# Input:
★ ★ ★ ★ ★
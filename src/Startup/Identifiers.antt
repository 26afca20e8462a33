-- ===== src/Startup/Identifiers.antt =====
-- The identifiers that the servers of a cluster get from their arguments.
use my_etcd.Base.{
  ℕ, ◌+◌, ◌≡◌, ◌<◌, refl, ap, sym, ◌∙◌, arith, Bool, Bool-cases, inl, inr, List, [], ◌∷◌, ◌++◌,
  Option, Option-cases, none, some, if◌then◌else◌, Bytes, nat_key, str_eq, subst,
}
use my_etcd.OrdMap.{OrdMap, lookup, insert, lookup-insert}
use my_etcd.Server.Json.{codes}
use my_etcd.Http.Text.{cut, lines_of}
use my_etcd.Startup.{Cluster, add_member, member_round, parse_members, parse_initial_cluster}

-- The address that stands last under a name in a cluster's text.
abbrev pub named_address : Bytes → Option (Bytes × Bytes) → Option Bytes → Option Bytes
named_address name none later = later
named_address name (some (n, addr)) (some later) = some later
named_address name (some (n, addr)) none = if str_eq n name then some addr else none

unfoldable pub address_of : Bytes → List Bytes → Option Bytes
unfolding cut
address_of name [] = none
address_of name (part ∷ parts) = named_address name (cut (codes "=") part) (address_of name parts)

module _ (self_name : Bytes) where
  parse_members-cut :
      (part : Bytes) (parts : List Bytes) (id : ℕ) (c : Cluster) (o : Option (Bytes × Bytes))
      → cut (codes "=") part ≡ o
      → parse_members self_name (part ∷ parts) id c
        ≡ member_round self_name id part (parse_members self_name parts) c o
  unfolding parse_members
  parse_members-cut part parts id c o e =
      ap (member_round self_name id part (parse_members self_name parts) c) e

  -- The addresses of smaller identifiers stay.
  lookup-parse_members :
      (parts : List Bytes) (id j : ℕ) (c : Cluster)
      → j < id
      → lookup j (parse_members self_name parts id c).addresses ≡ lookup j c.addresses
  unfolding parse_members
  lookup-parse_members [] id j c h = refl
  lookup-parse_members (part ∷ parts) id j c h = elim (Option-cases (cut (codes "=") part)) [
    | inl bare ↦
        ap (λ r. lookup j r.addresses) (parse_members-cut part parts id c none bare)
        ∙ lookup-parse_members parts id j c h
    | inr (named, found) ↦
        ap (λ r. lookup j r.addresses) (parse_members-cut part parts id c (some named) found)
        ∙ lookup-parse_members parts (id + 1) j (add_member self_name id part named c) (omega arith)
        ∙ lookup-insert id j named.1 c.addresses
        ∙ ground arith
  ]

  -- The identifier of a server is that of its address, if the text has its name.
  abbrev pub IsNamed : ℕ → Cluster → Option Bytes → Type 0
  IsNamed before after none = after.self_node_id ≡ before
  IsNamed before after (some addr) = lookup after.self_node_id after.addresses ≡ some addr

  IsNamed-add :
      (part : Bytes) (parts : List Bytes) (id : ℕ) (c : Cluster) (named : Bytes × Bytes)
      (later : Option Bytes)
      → IsNamed
          (add_member self_name id part named c).self_node_id
          (parse_members self_name parts (id + 1) (add_member self_name id part named c))
          later
      → IsNamed c.self_node_id
          (parse_members self_name parts (id + 1) (add_member self_name id part named c))
          (named_address self_name (some named) later)
  IsNamed-add part parts id c named (some addr) h = h
  IsNamed-add part parts id c named none h = elim (Bool-cases (str_eq named.0 self_name)) [
    | inl mine ↦
        let own : (parse_members self_name parts (id + 1)
              (add_member self_name id part named c)).self_node_id
            ≡ id =
          h ∙ rw mine in
        subst
          (λ (o : Option Bytes).
            IsNamed c.self_node_id
              (parse_members self_name parts (id + 1) (add_member self_name id part named c)) o)
          (sym (ap (λ (b : Bool). if b then some named.1 else none) mine))
          (ap
              (λ i.
                lookup i
                  (parse_members self_name parts (id + 1)
                    (add_member self_name id part named c)).addresses)
              own
            ∙ lookup-parse_members parts (id + 1) id (add_member self_name id part named c)
                (omega arith)
            ∙ lookup-insert id id named.1 c.addresses
            ∙ ground arith)
    | inr other ↦
        subst
          (λ (o : Option Bytes).
            IsNamed c.self_node_id
              (parse_members self_name parts (id + 1) (add_member self_name id part named c)) o)
          (sym (ap (λ (b : Bool). if b then some named.1 else none) other)) (h ∙ rw other)
  ]

  -- Both sides of the loop's next round, for a part that is cut into `o`.
  IsNamed-cut :
      (part : Bytes) (parts : List Bytes) (id : ℕ) (c : Cluster) (o : Option (Bytes × Bytes))
      → cut (codes "=") part ≡ o
      → IsNamed c.self_node_id
          (member_round self_name id part (parse_members self_name parts) c o)
          (named_address self_name o (address_of self_name parts))
      → IsNamed c.self_node_id
          (parse_members self_name (part ∷ parts) id c)
          (address_of self_name (part ∷ parts))
  unfolding parse_members address_of
  IsNamed-cut part parts id c o e =
      subst
        (λ (o : Option (Bytes × Bytes)).
          IsNamed c.self_node_id
            (member_round self_name id part (parse_members self_name parts) c o)
            (named_address self_name o (address_of self_name parts)))
        (sym e)

  parse_members-nil :
      (id : ℕ) (c : Cluster)
      → IsNamed c.self_node_id (parse_members self_name [] id c) (address_of self_name [])
  unfolding parse_members address_of
  parse_members-nil id c = refl

  parse_members-IsNamed :
      (parts : List Bytes) (id : ℕ) (c : Cluster)
      → IsNamed c.self_node_id (parse_members self_name parts id c) (address_of self_name parts)
  parse_members-IsNamed [] id c = parse_members-nil id c
  parse_members-IsNamed (part ∷ parts) id c = elim (Option-cases (cut (codes "=") part)) [
    | inl bare ↦ IsNamed-cut part parts id c none bare (parse_members-IsNamed parts id c)
    | inr (named, found) ↦ IsNamed-cut part parts id c (some named) found (
        IsNamed-add part parts id c named (address_of self_name parts)
          (parse_members-IsNamed parts (id + 1) (add_member self_name id part named c)))
  ]

-- Where two servers read the same text, their members and addresses stay the same.
abbrev pub Agrees : Cluster → Cluster → Type 0
Agrees c d = (c.members ≡ d.members) × (c.addresses ≡ d.addresses)

Agrees-nil :
    (name₁ name₂ : Bytes) (id : ℕ) (c d : Cluster)
    → Agrees c d
    → Agrees (parse_members name₁ [] id c) (parse_members name₂ [] id d)
unfolding parse_members
Agrees-nil name₁ name₂ id c d same = same

Agrees-cut :
    (name₁ name₂ part : Bytes) (parts : List Bytes) (id : ℕ) (c d : Cluster)
    (o : Option (Bytes × Bytes))
    → cut (codes "=") part ≡ o
    → Agrees
        (member_round name₁ id part (parse_members name₁ parts) c o)
        (member_round name₂ id part (parse_members name₂ parts) d o)
    → Agrees (parse_members name₁ (part ∷ parts) id c) (parse_members name₂ (part ∷ parts) id d)
unfolding parse_members
Agrees-cut name₁ name₂ part parts id c d o e =
    subst
      (λ (o : Option (Bytes × Bytes)).
        Agrees (member_round name₁ id part (parse_members name₁ parts) c o)
          (member_round name₂ id part (parse_members name₂ parts) d o))
      (sym e)

parse_members-Agrees :
    (name₁ name₂ : Bytes) (parts : List Bytes) (id : ℕ) (c d : Cluster)
    → Agrees c d
    → Agrees (parse_members name₁ parts id c) (parse_members name₂ parts id d)
parse_members-Agrees name₁ name₂ [] id c d same = Agrees-nil name₁ name₂ id c d same
parse_members-Agrees name₁ name₂ (part ∷ parts) id c d same =
    elim (Option-cases (cut (codes "=") part)) [
      | inl bare ↦
          Agrees-cut name₁ name₂ part parts id c d none bare
            (parse_members-Agrees name₁ name₂ parts id c d same)
      | inr (named, found) ↦ Agrees-cut name₁ name₂ part parts id c d (some named) found (
          parse_members-Agrees name₁ name₂ parts (id + 1) (add_member name₁ id part named c)
            (add_member name₂ id part named d)
            (ap (λ m. m ++ part ∷ []) same.0, ap (insert id named.1) same.1))
    ]

-- Two servers that read the same `--initial-cluster` text over the same addresses, whatever their names and
-- identifiers, get the same members and the same addresses. The first one's identifier leads to the address
-- that stands last under its name in the text; it is the one from before if the text does not have the name.
pub parse_initial_cluster-agree :
    (text name₁ name₂ : Bytes) (id₁ id₂ : ℕ) (addresses : OrdMap ℕ Bytes)
    → Agrees
        (parse_initial_cluster text name₁ id₁ addresses)
        (parse_initial_cluster text name₂ id₂ addresses)
      × IsNamed name₁ id₁
          (parse_initial_cluster text name₁ id₁ addresses)
          (address_of name₁ (lines_of b',' text))
unfolding parse_initial_cluster
parse_initial_cluster-agree text name₁ name₂ id₁ id₂ addresses = (
  parse_members-Agrees name₁ name₂ (lines_of b',' text) 1 _ _ (refl, refl),
  parse_members-IsNamed name₁ (lines_of b',' text) 1 _,
)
★ ★ ★ ★ ★
# Exercise prompt:
Output exactly what runs from the line with "IsNamed name₁ id₁" to the final line above, both lines included, and nothing else.

# Solution for this exercise:
      × IsNamed name₁ id₁
          (parse_initial_cluster text name₁ id₁ addresses)
          (address_of name₁ (lines_of b',' text))
unfolding parse_initial_cluster
parse_initial_cluster-agree text name₁ name₂ id₁ id₂ addresses = (
  parse_members-Agrees name₁ name₂ (lines_of b',' text) 1 _ _ (refl, refl),
  parse_members-IsNamed name₁ (lines_of b',' text) 1 _,
)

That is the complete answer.